Transcript abundance estimates carry inferential uncertainty: reads that map ambiguously to several transcripts can be apportioned in more than one way. salmon can quantify this uncertainty by producing inferential replicates — repeated abundance estimates that downstream tools (fishpond/swish) use to separate biological signal from inferential noise.

Terminal window
salmon quant -i salmon_index -l A \
-1 r1.fq.gz -2 r2.fq.gz -p 16 \
--numBootstraps 100 \
-o out

Gibbs sampling draws posterior samples from the abundance model. It is mutually exclusive with bootstrapping.

Terminal window
salmon quant -i salmon_index -l A \
-1 r1.fq.gz -2 r2.fq.gz -p 16 \
--numGibbsSamples 100 \
--thinningFactor 16 \
-o out

Replicates are written to aux_info/bootstrap/:

  • names.tsv.gz — the transcript names, in index order.
  • bootstraps.gz — the replicate abundances as raw little-endian f64s (n_replicates × num_transcripts, contiguous).

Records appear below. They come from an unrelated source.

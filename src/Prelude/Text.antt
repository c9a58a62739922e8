-- ===== src/Prelude/Text.antt =====
-- The operations on strings of the language's own library that the source uses.
pub mod Decimal
use Prim.Native.Char.{code}
use Prim.Native.Nat.{ℕ, zero, suc, ◌+◌, ◌/◌, ◌%◌}
use Prim.Native.String.{String, slice, ◌++◌}
use mathlib.Core.Bool.{Bool, true, false, ◌&&◌, ◌||◌}
use mathlib.Core.Option.{none, some}
use mathlib.Core.List.{List, [], ◌∷◌}
use text.Mathlib.Text.{find?}
use wax_rng_oracle.Prelude.Tests.{ltb, leb, ◌==◌, if◌then◌else◌}
pub use text.Mathlib.Text.{◌==◌ as text_eq}
pub use text.Mathlib.TextEquality.{eq_iff as text_eq_iff}

-- `text.includes(part)`
pub includes : String → String → Bool
includes text part = elim (find? text part) [ none ↦ false | some at ↦ true ]

-- The digits of a number in a base up to 16, put in front of `rest`.
digits : ℕ → ℕ → ℕ → String → String
digits base zero n rest = rest
digits base (suc fuel) n rest =
    let longer = slice "0123456789abcdef" (n % base) (n % base + 1) ++ rest in
    let more = digits base fuel (n / base) longer in if ltb n base then longer else more

-- `String(n)`. A number has at most n + 1 digits.
unfoldable pub decimal : ℕ → String
unfolding digits
decimal n = digits 10 (suc n) n ""

-- `n.toString(16)`
unfoldable pub hexadecimal : ℕ → String
unfolding digits
hexadecimal n = digits 16 (suc n) n ""

-- `array.join(separator)`
unfoldable pub join : String → List String → String
join separator [] = ""
join separator (s ∷ []) = s
join separator (s ∷ t ∷ rest) = s ++ separator ++ join separator (t ∷ rest)

-- JavaScript's white space and line terminators, which `\s` matches and `trim` removes.
abbrev pub is_space : ℕ → Bool
is_space c =
    (leb 9 c && leb c 13)
    || (c == 32
        || (c == 160
            || (c == 0x1680
                || ((leb 0x2000 c && leb c 0x200a)
                    || (c == 0x2028
                        || (c == 0x2029
                            || (c == 0x202f || (c == 0x205f || (c == 0x3000 || c == 0xfeff)))))))))

trim_end : String → String
trim_end String.[] = ""
trim_end (String.◌∷◌ c s) =
    let rest = trim_end s in if is_space (code c) && text_eq rest "" then "" else String.◌∷◌ c rest

trim_start : String → String
trim_start String.[] = ""
trim_start (String.◌∷◌ c s) =
    let rest = trim_start s in if is_space (code c) then rest else String.◌∷◌ c s

-- `text.trim()`
unfoldable pub trim : String → String
unfolding trim_start trim_end
trim s = trim_start (trim_end s)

aux_info/meta_info.json records num_bootstraps and samp_type ("bootstrap" or "gibbs"). This is the same format C++ salmon used, so it loads directly in the standard R tools. See the output format specification for the exact byte layout.

library(tximport)
library(fishpond)
# txi$infReps holds the inferential replicate matrices
txi <- tximport("out/quant.sf", type = "salmon", txOut = TRUE)

tximport reads the replicates automatically when they are present; fishpond and swish then use them for differential-expression testing with uncertainty.